Gender relationships are made to work a certain way for two reasons. First, men are made to lead because this is how families are best built. Child bearing requires a softer, yielding body able to make a space for another human to grow within, and therefore a man must take the lead in protecting and providing for the woman so she can fulfill her more vulnerable role. We need each other. Gender difference is not the result of the fall; it is God’s original, good, beautiful design for mutual dependence, service, and love. Second, as Paul tells us in Ephesians, the gendered union between man and woman is an icon of the Gospel. The free, total, faithful, self-giving, and self-sacrificing love that a husband has for his wife embodies Christ’s love for his church. Just as Christ and his Bride play different roles in the story of salvation, so men and women play different roles in their gendered lives together here on earth.
Moreover, as Lewis bluntly confesses in That Hideous Strength, this complementary gender dynamic is an “erotic necessity.” The epidemic rise of kinky fetishes, bondage motifs, and rape pornography reveals that when we remove the loving and erotic interplay between male leadership and feminine responsiveness, sex becomes dull, destructive, and crude. It is in embodying and acting out the mythos of gender that we find a natural and life-giving arousal able to draw from an infinite well of divine love that needs not the cheap, cartoonish kitsch offered behind the desperate doors of your local adult sex shop.
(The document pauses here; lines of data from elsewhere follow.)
-- ===== src/ProducerConsumer/Wakeups.antt =====
-- procon4.c: no wake-up is lost, so that the two threads never wait for each other.
use concurrent_project.Prelude.{
  ℕ, ◌+◌, ◌<◌, ◌≡◌, ◌≢◌, refl, Bool, true, false, ltb, ◌==◌, if◌then◌else◌, arith, Bool-cases, inl,
  inr, ◌⊎◌,
}
use concurrent_project.ProducerConsumer.{Text, Shared}
use concurrent_project.ProducerConsumer.Order.{InBounds, Reach-invariant}
use concurrent_project.ProducerConsumer.Locked.{
  procon4, Place, acquiring, testing, retrying, sleeping, moving, counting, releasing, waking,
  Thread, Role, producer, consumer, ready, next, woken, System, Reach, starts, produces, consumes,
}
use concurrent_project.ProducerConsumer.Refinement.{IsRefined, Reach-IsRefined}
use concurrent_project.ProducerConsumer.Simulation.{abstract_place, HasRound, abstract}

-- A thread that is about to wake the other.
abbrev pub wakes : Place → Bool
wakes releasing = true
wakes waking = true
wakes other = false

-- A thread sleeps only while it may not go on, or the other is about to wake it.
abbrev pub MaySleep : (is_ready : Bool) → (place other : Place) → Type 0
MaySleep is_ready sleeping other = (is_ready ≡ false) ⊎ (wakes other ≡ true)
MaySleep is_ready place other = Unit {0}

module _ (size runs : ℕ) (text : ℕ → Text) where
  pub record IsWakeful (sys : System) : Type 0 where
    pub producing :
        MaySleep
          (ready size text producer sys.producing.r sys.shared)
          sys.producing.place
          sys.consuming.place
    pub consuming :
        MaySleep
          (ready size text consumer sys.consuming.r sys.shared)
          sys.consuming.place
          sys.producing.place

  -- A step of the thread itself.
  own-step :
      (role : Role) (place : Place) (r : ℕ) (held : Bool) (s : Shared) (other : Place)
      → MaySleep (ready size text role r s) place other
      → let t : Thread = record { place = place; r = r } in
        let (t', lock, s') = next procon4 size runs text role t held s in
        MaySleep
          (ready size text role t'.r s')
          t'.place
          (if lock.signalled then woken other else other)
  unfolding next
  own-step role acquiring r held s other h = elim (Bool-cases (r == runs)) [
    | inl e ↦ rw e tt
    | inr e ↦ elim (Bool-cases held) [ inl up ↦ rw (e, up) tt | inr down ↦ rw (e, down) tt ]
  ]
  own-step role testing r held s other h = elim (Bool-cases (ready size text role r s)) [
    | inl go ↦ rw go tt
    | inr fail ↦ rw fail (inl refl)
  ]
  own-step role sleeping r held s other h = h
  own-step role place r held s other h = tt

  -- A step of the other thread, of the other role.
  abbrev opposite : Role → Role
  opposite producer = consumer
  opposite consumer = producer

  awake :
      (is_ready b : Bool) (place other : Place)
      → place ≢ sleeping
      → MaySleep is_ready (if b then woken place else place) other
  awake is_ready b sleeping other ne = absurd (ne refl)
  awake is_ready false place other ne = tt
  awake is_ready true place other ne = tt

  -- What a sleeping thread waits for, after a step of the other.
  asleep :
      (role : Role) (other : Place) (r r' : ℕ) (held : Bool) (s : Shared)
      → (ready size text role r' s ≡ false) ⊎ (wakes other ≡ true)
      → let (u, lock, s') =
          next procon4 size runs text (opposite role) (record { place = other; r = r }) held s in
        MaySleep
          (ready size text role r' s')
          (if lock.signalled then acquiring else sleeping)
          u.place
  unfolding next
  asleep role acquiring r r' held s (inl no_go) = inl no_go
  asleep role testing r r' held s (inl no_go) = inl no_go
  asleep role retrying r r' held s (inl no_go) = inl no_go
  asleep role sleeping r r' held s (inl no_go) = inl no_go
  asleep producer moving r r' held s (inl no_go) = inl no_go
  asleep consumer moving r r' held s (inl no_go) = inl no_go
  asleep role counting r r' held s h = inr refl
  asleep role releasing r r' held s h = inr refl
  asleep role waking r r' held s h = tt
  asleep role acquiring r r' held s (inr e) = cc
  asleep role testing r r' held s (inr e) = cc
  asleep role retrying r r' held s (inr e) = cc
  asleep role sleeping r r' held s (inr e) = cc
  asleep role moving r r' held s (inr e) = cc

  other-step :
      (role : Role) (other : Place) (r : ℕ) (held : Bool) (s : Shared) (place : Place) (r' : ℕ)
      → MaySleep (ready size text role r' s) place other
      → let (u, lock, s') =
          next procon4 size runs text (opposite role) (record { place = other; r = r }) held s in
        MaySleep
          (ready size text role r' s')
          (if lock.signalled then woken place else place)
          u.place
  other-step role other r held s sleeping r' h = asleep role other r r' held s h
  other-step role other r held s place r' h = awake _ _ place _ (λ e. cc)

  Reach-IsWakeful :
      {zero_text : Text} (sys : System) → Reach procon4 size runs text zero_text sys → IsWakeful sys
  unfolding next
  Reach-IsWakeful sys starts = record { producing = tt; consuming = tt }
  Reach-IsWakeful sys (produces {sys = sys1} reach) =
      let w = Reach-IsWakeful sys1 reach in
      record {
        producing =
            own-step producer sys1.producing.place sys1.producing.r sys1.held sys1.shared
              sys1.consuming.place w.producing;
        consuming =
            other-step consumer sys1.producing.place sys1.producing.r sys1.held sys1.shared
              sys1.consuming.place sys1.consuming.r w.consuming;
      }
  Reach-IsWakeful sys (consumes {sys = sys1} reach) =
      let w = Reach-IsWakeful sys1 reach in
      record {
        producing =
            other-step producer sys1.consuming.place sys1.consuming.r sys1.held sys1.shared
              sys1.producing.place sys1.producing.r w.producing;
        consuming =
            own-step consumer sys1.consuming.place sys1.consuming.r sys1.held sys1.shared
              sys1.producing.place w.consuming;
      }

-- A thread that does nothing any more by itself: it sleeps, or has made all its rounds.
abbrev pub IsStill : ℕ → Thread → Type 0
IsStill runs t = (t.place ≡ sleeping) ⊎ ((t.place ≡ acquiring) × (t.r ≡ runs))

still_wakes :
    (place : Place) (runs r : ℕ)
    → IsStill runs (record { place = place; r = r })
    → wakes place ≢ true
still_wakes releasing runs r (inl e) w = cc
still_wakes releasing runs r (inr e) w = cc
still_wakes waking runs r (inl e) w = cc
still_wakes waking runs r (inr e) w = cc
still_wakes other runs r h w = cc

sleeps-not-ready :
    (x : Bool) (place other : Place)
    → MaySleep x place other
    → place ≡ sleeping
    → wakes other ≢ true
    → x ≡ false
sleeps-not-ready x sleeping other (inl e) is no_wake = e
sleeps-not-ready x sleeping other (inr e) is no_wake = absurd (no_wake e)
sleeps-not-ready x place other h is no_wake = cc

sleeps-HasRound :
    (runs : ℕ) (place : Place) (r : ℕ) → HasRound runs place r → place ≡ sleeping → r ≢ runs
sleeps-HasRound runs sleeping r h is = h
sleeps-HasRound runs place r h is = cc

still-abstract :
    (runs : ℕ) (place : Place) (r : ℕ)
    → IsStill runs (record { place = place; r = r })
    → (abstract_place place r).r ≡ r
still-abstract runs acquiring r h = refl
still-abstract runs sleeping r h = refl
still-abstract runs place r (inl e) = cc
still-abstract runs place r (inr e) = cc

-- No wake-up of procon4.c is lost: in every state that the threads can reach, when neither of them
-- does anything by itself, then neither of them sleeps, and both have made all their rounds. The buffer
-- has room for one text at least.
pub Reach-wakes :
    (size runs : ℕ) (text : ℕ → Text) (zero_text : Text) (sys : System)
    → 0 < size
    → Reach procon4 size runs text zero_text sys
    → IsStill runs sys.producing
    → IsStill runs sys.consuming
    → (sys.producing.r ≡ runs)
      × (sys.consuming.r ≡ runs)
      × (sys.producing.place ≡ acquiring)
      × (sys.consuming.place ≡ acquiring)
Reach-wakes size runs text zero_text sys pos reach still_p still_c = elim still_p [
  | inl sleeps_p ↦ elim still_c [
    | inl sleeps_c ↦ absurd (
        ground (arith, at_p, at_c, b.producer_at, b.consumer_at, no_p sleeps_p, no_c sleeps_c, pos))
    | inr ended_c ↦ absurd (
        ground (
          arith,
          at_p,
          at_c,
          b.producer_at,
          b.consumer_at,
          b.within,
          no_p sleeps_p,
          ended_c.1,
          pos,
        ))
  ]
  | inr ended_p ↦ elim still_c [
    | inl sleeps_c ↦ absurd (
        ground (
          arith,
          at_p,
          at_c,
          b.producer_at,
          b.consumer_at,
          b.behind,
          no_c sleeps_c,
          ended_p.1,
          sleeps-HasRound runs sys.consuming.place sys.consuming.r i.consuming_round sleeps_c,
        ))
    | inr ended_c ↦ (ended_p.1, ended_c.1, ended_p.0, ended_c.0)
  ]
]
  where
    w : IsWakeful size runs text sys
    w = Reach-IsWakeful size runs text sys reach

    i : IsRefined size runs text zero_text sys
    i = Reach-IsRefined procon4 size runs text zero_text sys reach

    b : InBounds size runs (abstract sys).shared (abstract sys).producer (abstract sys).consumer
    b = (Reach-invariant size runs text i.atomics).0

    at_p : (abstract sys).producer.r ≡ sys.producing.r
    at_p = still-abstract runs sys.producing.place sys.producing.r still_p

    at_c : (abstract sys).consumer.r ≡ sys.consuming.r
    at_c = still-abstract runs sys.consuming.place sys.consuming.r still_c

    no_p :
        sys.producing.place ≡ sleeping
        → ltb sys.producing.r (sys.shared.consumed_until + size) ≡ false
    no_p e =
        sleeps-not-ready _ sys.producing.place sys.consuming.place w.producing e
          (still_wakes sys.consuming.place runs sys.consuming.r still_c)

    no_c : sys.consuming.place ≡ sleeping → ltb sys.consuming.r sys.shared.produced_until ≡ false
    no_c e =
        sleeps-not-ready _ sys.consuming.place sys.producing.place w.consuming e
          (still_wakes sys.producing.place runs sys.producing.r still_p)
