-- ===== src/ProducerConsumer/Tests.antt =====
-- One text through a buffer of one place, and the theorems at such runs.
use concurrent_project.Prelude.{ℕ, ◌+◌, ◌<◌, ◌≤◌, ◌≡◌, refl, inr, [], ◌∷◌, arith}
use concurrent_project.ProducerConsumer.{
  Text, System, Reach, starts, later, produces, consumes, produce, consume, check, start,
}
use concurrent_project.ProducerConsumer.Order.{Reach-consumed}
use concurrent_project.ProducerConsumer.Locked
use concurrent_project.ProducerConsumer.Locked.{procon2, procon4, next, acquiring}
use concurrent_project.ProducerConsumer.Refinement.{IsRefined, Reach-IsRefined}
use concurrent_project.ProducerConsumer.Wakeups.{Reach-wakes}

abbrev text : ℕ → Text
text r = (r + 5) ∷ []

abbrev produced : System → System
unfolding produce
produced sys = record sys {
  shared = (produce 1 1 text sys.producer sys.shared).1;
  producer = (produce 1 1 text sys.producer sys.shared).0;
}

abbrev consumed : System → System
unfolding consume
consumed sys = record sys {
  shared = (consume 1 1 text sys.consumer sys.shared).1;
  consumer = (consume 1 1 text sys.consumer sys.shared).0;
}

abbrev final : System
unfolding produced consumed
final = consumed (consumed (consumed (produced (produced (produced (start []))))))

final-Reach : Reach 1 1 text [] final
unfolding final
final-Reach =
    later
      (later (later (later (later (later starts produces) produces) produces) consumes) consumes)
      consumes

check_runs : check 1 0 final.shared ≡ 1
unfolding check final
check_runs = refl

Reach-consumed_example :
    (1 ≤ final.shared.produced_until)
    × (final.shared.produced_until ≤ 1 + 1)
    × ((i : ℕ) → i < 1 → (final.shared.consumed i ≡ text i) × (final.shared.produced i ≡ text i))
    × (final.consumer.r ≡ 1 → check 1 0 final.shared ≡ 1)
unfolding final
Reach-consumed_example = Reach-consumed 1 1 text [] final final-Reach

-- procon4.c: the consumer finds nothing and sleeps, and the producer wakes it.
abbrev p : Locked.System → Locked.System
unfolding next
p sys = Locked.after_produce procon4 1 1 text sys

abbrev c : Locked.System → Locked.System
unfolding next
c sys = Locked.after_consume procon4 1 1 text sys

abbrev asleep : Locked.System
unfolding p c
asleep = c (c (Locked.start []))

abbrev ended : Locked.System
unfolding asleep
ended = c (c (c (c (c (c (p (p (p (p (p (p asleep)))))))))))

asleep-Reach : Locked.Reach procon4 1 1 text [] asleep
unfolding asleep
asleep-Reach = Locked.consumes (Locked.consumes Locked.starts)

ended-Reach : Locked.Reach procon4 1 1 text [] ended
unfolding ended
ended-Reach = Locked.consumes (
    Locked.consumes (
      Locked.consumes (
        Locked.consumes (
          Locked.consumes (
            Locked.consumes (
              Locked.produces (
                Locked.produces (
                  Locked.produces
                    (Locked.produces (Locked.produces (Locked.produces asleep-Reach)))))))))))

Reach-IsRefined_example : IsRefined 1 1 text [] asleep
unfolding asleep
Reach-IsRefined_example = Reach-IsRefined procon4 1 1 text [] asleep asleep-Reach

Reach-wakes_example :
    (ended.producing.r ≡ 1)
    × (ended.consuming.r ≡ 1)
    × (ended.producing.place ≡ acquiring)
    × (ended.consuming.place ≡ acquiring)
unfolding ended
Reach-wakes_example =
    Reach-wakes 1 1 text [] ended (omega arith) ended-Reach (inr (refl, refl)) (inr (refl, refl))
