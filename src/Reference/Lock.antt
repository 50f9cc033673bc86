-- ===== src/Reference/Lock.antt =====
-- reference/shared-lock.c: the lock of a region, on POSIX's read-write lock. An `acquire` is given what
-- the call of POSIX returns; `none` means that the caller has to wait.
use concurrent_project.Prelude.{
  ℕ, Bool, true, false, Option, none, some, ◌==◌, if◌then◌else◌, ◌>>=◌,
}
use concurrent_project.SharedMutex.{
  SharedMutex, unheld, try_lock, try_lock_shared, unlock, unlock_shared,
}

unfoldable pub shared_lock_init : (code : ℕ) → Option SharedMutex
shared_lock_init code = if code == 0 then some unheld else none

unfoldable pub shared_lock_acquire : (code : ℕ) → SharedMutex → Option (Bool × SharedMutex)
shared_lock_acquire code lock =
    if code == 0 then (do held ← try_lock lock; some (true, held)) else some (false, lock)

unfoldable pub shared_lock_acquire_shared : (code : ℕ) → SharedMutex → Option (Bool × SharedMutex)
shared_lock_acquire_shared code lock =
    if code == 0 then (do held ← try_lock_shared lock; some (true, held)) else some (false, lock)

-- pthread_rwlock_unlock: the writer's hold is given back, or a reader's.
abbrev pub rwlock_unlock : SharedMutex → SharedMutex
rwlock_unlock lock = if lock.exclusive then unlock lock else unlock_shared lock

unfoldable pub shared_lock_release : SharedMutex → SharedMutex
shared_lock_release lock = rwlock_unlock lock

unfoldable pub shared_lock_release_shared : SharedMutex → SharedMutex
shared_lock_release_shared lock = rwlock_unlock lock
Fortunately, Marvel develops Black Widow into something more than a sexualized fantasy warrior. She becomes more human and believable as her story unfolds because we discover the deeper price she has paid for her fighting abilities. In The Avengers, Natasha is sent to recruit Bruce Banner and a personal relationship begins to grow between them. Banner repeatedly mentions how he feels like a monster (the script rather belabors this point). His superpowers seem to have cost him his humanity — his ability to be in society and to have intimate relationships — and Natasha responds to this vulnerability. We see her drawn to Banner in a way that she is not drawn to any of the others. Neither Steve Rogers nor Tony Stark nor Thor are damaged by their powers: Bruce Banner is, and this is something Natasha understands.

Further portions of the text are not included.